Yes, the Jigabushas are definitely one African tribe whose eating habits certainly leaves something to be desired.
In fact the word on the streets of Nairobi is that even the meanest cannibal tribe in all of Africa the Zumayates have said that they would not eat a member of the Jigabusha tribe even if they were on the verge of utter starvation.
Fernando Monte Verde has seen the evils of the world. He has known the most diabolical of the diabolical. He has broken bread with leftover Nazis in Argentina. He has had wine with the last surviving Kamikaze pilot, Hiro Matsubashi who only managed to survive because he lost the American battleship the USS Massachusetts in the sun.

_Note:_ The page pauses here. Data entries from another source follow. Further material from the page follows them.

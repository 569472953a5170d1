-- ===== src/Texts/RoundTrip.antt =====
-- `parseInt` reads what `String` writes.
use expense_saas.Prelude.{
  ℕ, zero, suc, Bool, true, false, [], ◌∷◌, ◌+◌, ◌/◌, ◌%◌, ◌≤◌, ◌≡◌, ◌↔◌, ◌∙◌, refl, sym, ap, arith,
  ◌==◌, if◌then◌else◌,
}
use expense_saas.Texts.{
  Chars, pos, is_digit, is_space, trim_start, scan, unsigned, signed, parse_int, prepend_digits,
  string, same,
}

abbrev starts : Chars → Bool
starts [] = false
starts (c ∷ _) = is_digit c

-- Reading goes on behind the digits with the number that they spell.
scan-prepend_digits :
    (fuel n : ℕ) (out : Chars) → n ≤ fuel → scan (prepend_digits fuel n out) 0 ≡ scan out n
unfolding prepend_digits scan
scan-prepend_digits zero n out enough = ground arith
scan-prepend_digits (suc fuel) n out enough =
    ground (arith, scan-prepend_digits fuel (n / 10) ((b'0' + n % 10) ∷ out))

starts-prepend_digits :
    (fuel n : ℕ) (out : Chars) → starts out ≡ true → starts (prepend_digits fuel n out) ≡ true
unfolding prepend_digits
starts-prepend_digits zero n out h = h
starts-prepend_digits (suc fuel) n out h =
    ground (arith, starts-prepend_digits fuel (n / 10) ((b'0' + n % 10) ∷ out))

scan-string : (n : ℕ) → scan (string n) 0 ≡ n
unfolding string scan
scan-string n = ground (arith, scan-prepend_digits n n [])

starts-string : (n : ℕ) → starts (string n) ≡ true
unfolding string prepend_digits
starts-string zero = refl
starts-string (suc k) =
    ground (arith, starts-prepend_digits k (suc k / 10) ((b'0' + suc k % 10) ∷ []))

-- Every fuel from the number on gives the same text: none of its digits is cut off.
pub prepend_digits-fuel :
    (fuel other n : ℕ) (out : Chars)
    → n ≤ fuel
    → n ≤ other
    → prepend_digits fuel n out ≡ prepend_digits other n out
unfolding prepend_digits
prepend_digits-fuel zero zero n out f o = refl
prepend_digits-fuel zero (suc other) n out f o = ground arith
prepend_digits-fuel (suc fuel) zero n out f o = ground arith
prepend_digits-fuel (suc fuel) (suc other) n out f o =
    ground (arith, prepend_digits-fuel fuel other (n / 10) ((b'0' + n % 10) ∷ out))

-- A text that starts with a digit is read as its digits.
parse_int-digits : (s : Chars) → starts s ≡ true → parse_int s ≡ pos (scan s 0)
unfolding parse_int signed trim_start unsigned is_space
parse_int-digits [] h = absurd (ground arith)
parse_int-digits (c ∷ s) h = ground arith

-- Reading the text of a number gives the number.
pub parse_int-string : (n : ℕ) → parse_int (string n) ≡ pos n
parse_int-string n = parse_int-digits (string n) (starts-string n) ∙ ap pos (scan-string n)

pub same→eq : (s t : Chars) → same s t ≡ true → s ≡ t
unfolding same
same→eq [] [] h = refl
same→eq [] (b ∷ t) h = absurd (ground arith)
same→eq (a ∷ s) [] h = absurd (ground arith)
same→eq (a ∷ s) (b ∷ t) h = ground (arith, same→eq s t)

same_refl : (s : Chars) → same s s ≡ true
unfolding same
same_refl [] = refl
same_refl (a ∷ s) = ground (arith, same_refl s)

pub same_iff : (s t : Chars) → (same s t ≡ true) ↔ (s ≡ t)
same_iff s t = (same→eq s t, λ h. rw (sym h) (same_refl s))

-- The loop that writes a number comes to its end: a fuel of the number itself gives the text that
-- every larger fuel gives, and that text is read back as the number.
string-fuel :
    (fuel n : ℕ)
    → n ≤ fuel
    → (string n ≡ (if n == 0 then b'0' ∷ [] else prepend_digits fuel n []))
      × (parse_int (string n) ≡ pos n)
unfolding string
string-fuel fuel n enough =
    (rw (prepend_digits-fuel fuel n n [] enough (omega arith)) refl, parse_int-string n)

Monte Verde has been on top of a two ton Indian elephant who suddenly went crazy and stampeded running for a full three hours before Monte Verde was able to reach down and cut off his nuts (the elephants) causing the elephant to fall to the ground like a friggin fat bowling ball.
Ferny, as his sister calls him, has jumped off the 1,250 foot Royal Gorge Bridge in Canon City, Colorado using four regular sized handkerchiefs tied together as a parachute.
The bravest hombre of the bravest hombres has spent a week in the mosquito infested, anaconda overflowing jungles of the Amazon, where he survived by eating nothing but monkey elbows, parrot tongues, piranha hormones, crocodile nostrils, Blueberry Pop Tarts, and iguana ovaries.
The Cuban stud has run with the bulls in Pamplona, Spain; Guadalajara, Mexico; and East Los Angeles, California.
He has made love to women while swimming in the Pacific Ocean at a depth of almost 16,000 feet.
He has slept on the sands of the Kalahari Desert wearing only boxer shorts with the daytime temperature reaching 117 degrees and the nighttime temperature going down to 13 degrees.
But has Monte Verde ever once known fear? Has he ever hesitated? Has he ever complained that he was coming down with the flu and he better not do this or do that? No, and not only no, but hell no, damn no, and shit no.
The Hispanic hero does not even know how to spell the word fear. Yes he knows it begins with a friggin F, but that's all.
[EDITOR'S NOTE: In all honesty, I am sure that Mr. Monte Verde does know how to spell the word fear, but Abel (Rodriguez) is using his writer's license here to make a journalistic point by showing just exactly how mother effen tough this Fernando Monte Verde son-of-a-bitch dude actually is.]
And so as the Texas sun sets slowly in the west, the world's most interesting man will hopefully come face-to-face with the infamous Chupacabra.
Monte Verde says that when he kills "La Chupi" he will mount her on the wall of his master bedroom in his $8.8 million Beverly Hills mansion La Casa Con Huevos.
SIDENOTE: Before Fernando Monte Verde could make it out to Figginfacker's El Rancho Se Habla Grande Ranch, he received an emergency phone call. The call was from Portsmouth, England, and it was from his good friend, the well known British author and military strategist Sir Spoofer Skoob requesting that he meet with him immediately regarding Great Britain's upcoming highly secretive Christmas Eve invasion of North Korea.